◆ **DATA LISTING**:

------------

-- ===== src/Withdraw/Relay/Guard.antt =====
-- What `relay` promises: the guard against a second withdrawal, and what a success or an error means.
use bagsvault.Base.{◌∷◌, Option, none, some, Str, codes, ◌≡◌, refl, ap}
use bagsvault.Exceptions.{Exn, domain, conflict, Result, ok, err}
use bagsvault.Withdraw.Relay.{Request, Withdrawal, Response, Prepared, broadcast, unspent, prepare}
use bagsvault.Withdraw.Relay.Pipeline.{
  World, Services, Fresh, withdrawal, persisted, finish, handed, proceed, relay,
}

abbrev pub nullifier_of : Withdrawal → Str
nullifier_of row = row.nullifier_hash

module _ {S R : Type 0} (services : Services S R) where
  -- Preparing a withdrawal whose row is there ends in a conflict.
  prepare-spent :
      (picked : _) (row : Withdrawal) (q : Request)
      → prepare services.keys services.settings services.chain picked (some row) q
        ≡ err (domain conflict (codes "Nullifier already spent."))
  unfolding prepare unspent
  prepare-spent picked row q = refl

  -- If a row with the request's nullifier text is stored, relay raises the conflict, gives no
  -- instruction to the chain and changes neither collection.
  pub relay-spent :
      (w : World S R) (fresh : Fresh) (q : Request) (row : Withdrawal)
      → services.rows.find_one w.withdrawals q.nullifier_hash ≡ some row
      → relay services w fresh q ≡ (w, err (domain conflict (codes "Nullifier already spent.")))
  unfolding relay proceed
  relay-spent w fresh q row found = rw (found, prepare-spent)

  unfoldable pub Succeeded : World S R → Fresh → Request → World S R → Response → Type 0
  Succeeded w fresh q w' answer =
      (p : Prepared) × (prepare services.keys services.settings services.chain
          (services.pick_best w.relayers q.token)
          (services.rows.find_one w.withdrawals q.nullifier_hash) q
        ≡ ok p)
      × (services.rows.find_one w.withdrawals q.nullifier_hash ≡ none)
      × (w'.submitted ≡ p.ix ∷ w.submitted)
      × (broadcast services.chain p.ix p.payer ≡ ok answer.signature)
      × (answer.fee_bps ≡ p.active_fee_bps)
      × (w'.withdrawals
          ≡ persisted services
              (services.rows.insert_one w.withdrawals (withdrawal fresh q p answer.signature))
              w.withdrawals)

  -- A preparation that ends found no row.
  prepare-ok :
      (picked : Result _) (existing : Option Withdrawal) (q : Request) (p : Prepared)
      → prepare services.keys services.settings services.chain picked existing q ≡ ok p
      → existing ≡ none
  unfolding prepare unspent
  prepare-ok picked none q p h = refl
  prepare-ok picked (some row) q p h = absurd (cc)

  finish-ok :
      (w w' : World S R) (fresh : Fresh) (q : Request) (p : Prepared) (answer : Response)
      (sent : Result Str)
      → finish services w fresh q p sent ≡ (w', ok answer)
      → (sent ≡ ok answer.signature)
        × (answer.fee_bps ≡ p.active_fee_bps)
        × (w'.submitted ≡ w.submitted)
        × (w'.withdrawals
            ≡ persisted services
                (services.rows.insert_one w.withdrawals (withdrawal fresh q p answer.signature))
                w.withdrawals)
  unfolding finish
  finish-ok w w' fresh q p answer (ok signature) h =
      let same : signature ≡ answer.signature = cc in
      let kept : w'.submitted ≡ w.submitted = cc in
      let rows : w'.withdrawals
          ≡ persisted services
              (services.rows.insert_one w.withdrawals (withdrawal fresh q p signature))
              w.withdrawals =
        cc in
      let fee : answer.fee_bps ≡ p.active_fee_bps = cc in (cc, fee, kept, rw (← same) rows)
  finish-ok w w' fresh q p answer (err e) h = absurd (cc)

  proceed-ok :
      (w w' : World S R) (fresh : Fresh) (q : Request) (answer : Response) (r : Result Prepared)
      → prepare services.keys services.settings services.chain
          (services.pick_best w.relayers q.token)
          (services.rows.find_one w.withdrawals q.nullifier_hash)
          q
        ≡ r
      → proceed services w fresh q r ≡ (w', ok answer)
      → Succeeded w fresh q w' answer
  unfolding proceed Succeeded handed
  proceed-ok w w' fresh q answer (err e) x h = absurd (cc)
  proceed-ok w w' fresh q answer (ok p) e h =
      let (sent, fee, kept, rows) = finish-ok (handed services w p.ix) w' fresh q p answer _ h in
      (p, e, prepare-ok _ _ q p e, kept, sent, fee, rows)

  -- If relay answers, then preparing the request returned an instruction, no row with the request's
  -- nullifier text was stored, exactly one instruction, the prepared one, was given to the chain, its
  -- broadcast returned the answer's signature, the answer names the prepared fee, and the collection is
  -- the old one with the withdrawal's row inserted or, where the insertion raised, the old one.
  pub relay-ok :
      (w w' : World S R) (fresh : Fresh) (q : Request) (answer : Response)
      → relay services w fresh q ≡ (w', ok answer)
      → Succeeded w fresh q w' answer
  unfolding relay
  relay-ok w w' fresh q answer h = proceed-ok w w' fresh q answer _ refl h

  finish-err :
      (v v' : World S R) (fresh : Fresh) (q : Request) (p : Prepared) (sent : Result Str) (x : Exn)
      → finish services v fresh q p sent ≡ (v', err x)
      → v' ≡ v
  unfolding finish
  finish-err v v' fresh q p (ok signature) x g = absurd (cc)
  finish-err v v' fresh q p (err y) x g = cc

  proceed-err :
      (v v' : World S R) (fresh : Fresh) (q : Request) (e : Exn) (r : Result Prepared)
      → proceed services v fresh q r ≡ (v', err e)
      → (v'.withdrawals ≡ v.withdrawals) × (v'.relayers ≡ v.relayers)
  unfolding proceed handed
  proceed-err v v' fresh q e (err y) g =
      let same : v' ≡ v = cc in
      (ap (λ (x : World S R). x.withdrawals) same, ap (λ (x : World S R). x.relayers) same)
  proceed-err v v' fresh q e (ok p) g =
      let same = finish-err (handed services v p.ix) v' fresh q p _ e g in
      (ap (λ (x : World S R). x.withdrawals) same, ap (λ (x : World S R). x.relayers) same)

  -- If relay raises, at whatever step, both collections are as they were.
  pub relay-err :
      (w w' : World S R) (fresh : Fresh) (q : Request) (e : Exn)
      → relay services w fresh q ≡ (w', err e)
      → (w'.withdrawals ≡ w.withdrawals) × (w'.relayers ≡ w.relayers)
  unfolding relay
  relay-err w w' fresh q e h = proceed-err w w' fresh q e _ h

------------

◆ **WORK ITEM**: Pick out and copy the lines of the material that include the word "refl".

◆ **TASK SOLUTION**:
use bagsvault.Base.{◌∷◌, Option, none, some, Str, codes, ◌≡◌, refl, ap}
  prepare-spent picked row q = refl
  prepare-ok picked none q p h = refl
  relay-ok w w' fresh q answer h = proceed-ok w w' fresh q answer _ refl h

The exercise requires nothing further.